The part about auditing agents isn’t very load-bearing imo. In the auditing game paper, you were able to get a somewhat good sense of how good various methods were (fuzzing, dataset search with embeddings, …) without actually doing a full model audit or running an auditing agent, and I don’t think this made the takeaways much weaker. I think real human audits and automated audits are nice as final validations, but most of the difficulty and most of the value is in building the good model organisms.

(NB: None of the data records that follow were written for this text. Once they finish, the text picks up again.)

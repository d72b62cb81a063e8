-- ===== src/Fs/Log/Write.antt =====
-- `log_write` of kern/log.c: the blocks that the log names.
use mathlib.Core.Path.{subst}
use wei_os.Common.{
  nodup-append_one, ◌∙◌, ℕ, zero, suc, ◌+◌, ◌≤◌, ◌<◌, ◌≡◌, ◌≢◌, ◌⊎◌, inl, inr, refl, sym, ap, true,
  false, some, List, [], ◌∷◌, ◌++◌, if◌then◌else◌, get_or, set, take, length, has, nodup, arith,
  length-set, set-get_or,
}
use wei_os.Fs.{LogManager, logsize}
use wei_os.Fs.Log.{log_index, log_block}

-- The blocks that the log names.
abbrev pub logged : LogManager → List ℕ
logged l = take l.nblks l.blks_no

pub record IsValid (l : LogManager) : Type 0 where
  pub room : length l.blks_no ≡ logsize
  pub bound : l.nblks ≤ logsize
  pub once : nodup (logged l) ≡ true

log_index_lem :
    (k i n : ℕ) (nos : List ℕ)
    → (log_index k i n nos ≡ i + k)
      ⊎ ((log_index k i n nos < i + k) × (get_or nos (log_index k i n nos) 0 ≡ n))
unfolding log_index
log_index_lem zero i n nos = inl (omega arith)
log_index_lem (suc k) i n nos = let rest = log_index_lem k (i + 1) n nos in ground arith

log_index-absent :
    (k i j n : ℕ) (nos : List ℕ)
    → log_index k i n nos ≡ i + k
    → i ≤ j
    → j < i + k
    → get_or nos j 0 ≢ n
unfolding log_index
log_index-absent zero i j n nos e h g = absurd (omega arith)
log_index-absent (suc k) i j n nos e h g =
    let rest = log_index-absent k (i + 1) j n nos in
    let bounds = log_index_lem k (i + 1) n nos in ground arith

has-take-some :
    (m r n : ℕ) (nos : List ℕ)
    → r < m
    → m ≤ length nos
    → get_or nos r 0 ≡ n
    → has n (take m nos) ≡ true
has-take-some zero r n nos h g e = absurd (omega arith)
has-take-some (suc m) r n [] h g e = absurd (omega arith)
has-take-some (suc m) zero n (x ∷ nos) h g e = ground arith
has-take-some (suc m) (suc r) n (x ∷ nos) h g e =
    ground (arith, has-take-some m r n nos (omega arith) (omega arith) e)

has-take-none :
    (m n : ℕ) (nos : List ℕ) → ((j : ℕ) → j < m → get_or nos j 0 ≢ n) → has n (take m nos) ≡ false
has-take-none zero n nos h = refl
has-take-none (suc m) n [] h = refl
has-take-none (suc m) n (x ∷ nos) h =
    let first = h 0 (omega arith) in
    ground (arith, has-take-none m n nos (λ j g. h (suc j) (omega arith)))

take-set_next :
    (m n : ℕ) (nos : List ℕ) → m < length nos → take (suc m) (set nos m n) ≡ take m nos ++ (n ∷ [])
take-set_next zero n [] h = absurd (omega arith)
take-set_next zero n (x ∷ nos) h = refl
take-set_next (suc m) n [] h = absurd (omega arith)
take-set_next (suc m) n (x ∷ nos) h = ap (λ l. x ∷ l) (take-set_next m n nos (omega arith))

-- What `log_write` makes of a log that it accepts a block for.
pub record Logged (n : ℕ) (l l' : LogManager) : Type 0 where
  pub stays : IsValid l'
  pub blocks : logged l' ≡ (if has n (logged l) then logged l else logged l ++ (n ∷ []))
  pub grows : l'.nblks ≤ l.nblks + 1

log_again :
    (n : ℕ) (l : LogManager) (i : ℕ)
    → IsValid l
    → i < l.nblks
    → get_or l.blks_no i 0 ≡ n
    → Logged n l (record l { blks_no = set l.blks_no i n })
log_again n l i v h e =
    let known = has-take-some l.nblks i n l.blks_no h (omega (arith, v.room, v.bound)) e in
    let same : set l.blks_no i n ≡ l.blks_no =
      ap (set l.blks_no i) (sym e) ∙ set-get_or l.blks_no i 0 in
    record { stays = rw same v; blocks = rw (same, known) refl; grows = omega arith }

log_new :
    (n : ℕ) (l : LogManager)
    → IsValid l
    → l.nblks < logsize
    → has n (logged l) ≡ false
    → Logged n l (record l { blks_no = set l.blks_no l.nblks n; nblks = l.nblks + 1 })
log_new n l v h e =
    let next : l.nblks + 1 ≡ suc l.nblks = omega arith in
    let grown = take-set_next l.nblks n l.blks_no (omega (arith, v.room)) in
    record {
      stays = record {
        room = length-set l.blks_no l.nblks n ∙ v.room;
        bound = omega arith;
        once = rw (next, grown) (nodup-append_one n (logged l) v.once e);
      };
      blocks = rw (next, grown, e) refl;
      grows = omega arith;
    }

-- When `log_write` takes a block, the log stays well formed: no more than LOGSIZE blocks, each of
-- them once. It names the blocks that it named before, in their order, and a block that it did not
-- name yet at the end; a block that it named already is absorbed.
pub log_block-Logged :
    (n : ℕ) (l l' : LogManager) → IsValid l → log_block n l ≡ some l' → Logged n l l'
unfolding log_block
log_block-Logged n l l' v e = elim (log_index_lem l.nblks 0 n l.blks_no) [
  | inl at_end ↦
      let absent =
        has-take-none l.nblks n l.blks_no
          (λ j h. log_index-absent l.nblks 0 j n l.blks_no at_end (omega arith) (omega arith)) in
      let small : l.nblks < logsize = ground arith in
      let run : record l { blks_no = set l.blks_no l.nblks n; nblks = l.nblks + 1 } ≡ l' =
        ground arith in
      subst (Logged n l) run (log_new n l v small absent)
  | inr (early, here) ↦
      let run : record l { blks_no = set l.blks_no (log_index l.nblks 0 n l.blks_no) n } ≡ l' =
        ground arith in
      subst (Logged n l) run (log_again n l (log_index l.nblks 0 n l.blks_no) v (omega arith) here)
]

This is in big part because I think performance of auditing methods will often be close to 0% or 100% against a given model organism, such that I think that most of the value on the eval side is finding model organisms where existing methods realistically get 0% and most of the value of the technique side is finding techniques that get close to 100% (when the blue team knows what the solution is but tries to not cheat). Therefore, whether a given tool enables Claude 4 Opus to go from 50% to 60% seems way less important to me than whether the tool “obviously helps a ton” in the same way that the dataset embedding search “obviously helps a ton” in the reward sycophant model organism.
(I think got somewhat validated by the auditing game paper and follow-up work, where my understanding is that there was no big surprise in relative technique effectiveness between the moment where you tried the techniques yourself vs when human / AIs that didn’t already know the model was a reward sycophant tried them. Is that right?)
This is very different from capabilities progress where:
progress often looks more like stacking tricks, none of which getting you more than a couple percent on MMLU
progress on one benchmark is often massively correlated with progress on other benchmarks (while I expect the performance of alignment audit technique to massively differ between model organisms)
Eventually, when we’ll have figured out the rough shapes of all auditing techniques, I can imagine things moving more in the “stack small improvements” direction, but I think we are not there yet, and I also think we might ever get there—I suspect success might look like “here is one trick which solves this part of the space, here is another one which covers this other part, …”.
I agree that the hard/important part is the model organism construction. That said, I think having auditing agents is still a prerequisite for a bunch of the claims in this post. Auditing agents make auditing games (1) repeatable and (2) self-serve (in the sense that e.g. a single researcher could in principle run their own agent-based auditing game evaluation multiple times over the course of a project to see if things are going well). If auditing games were inherently single-use (because of cost + the fact that you can’t rerun the game on unspoiled auditors after you’ve run it once), then I couldn’t reasonably describe auditing game performance as a progress metric.
I think I also probably take the continuous score more seriously than you do (rather than viewing 0% vs. non-0% win rate as being the important thing), though maybe I would change my mind if I thought about it more. (I’m not sure whether this is an important disagreement.)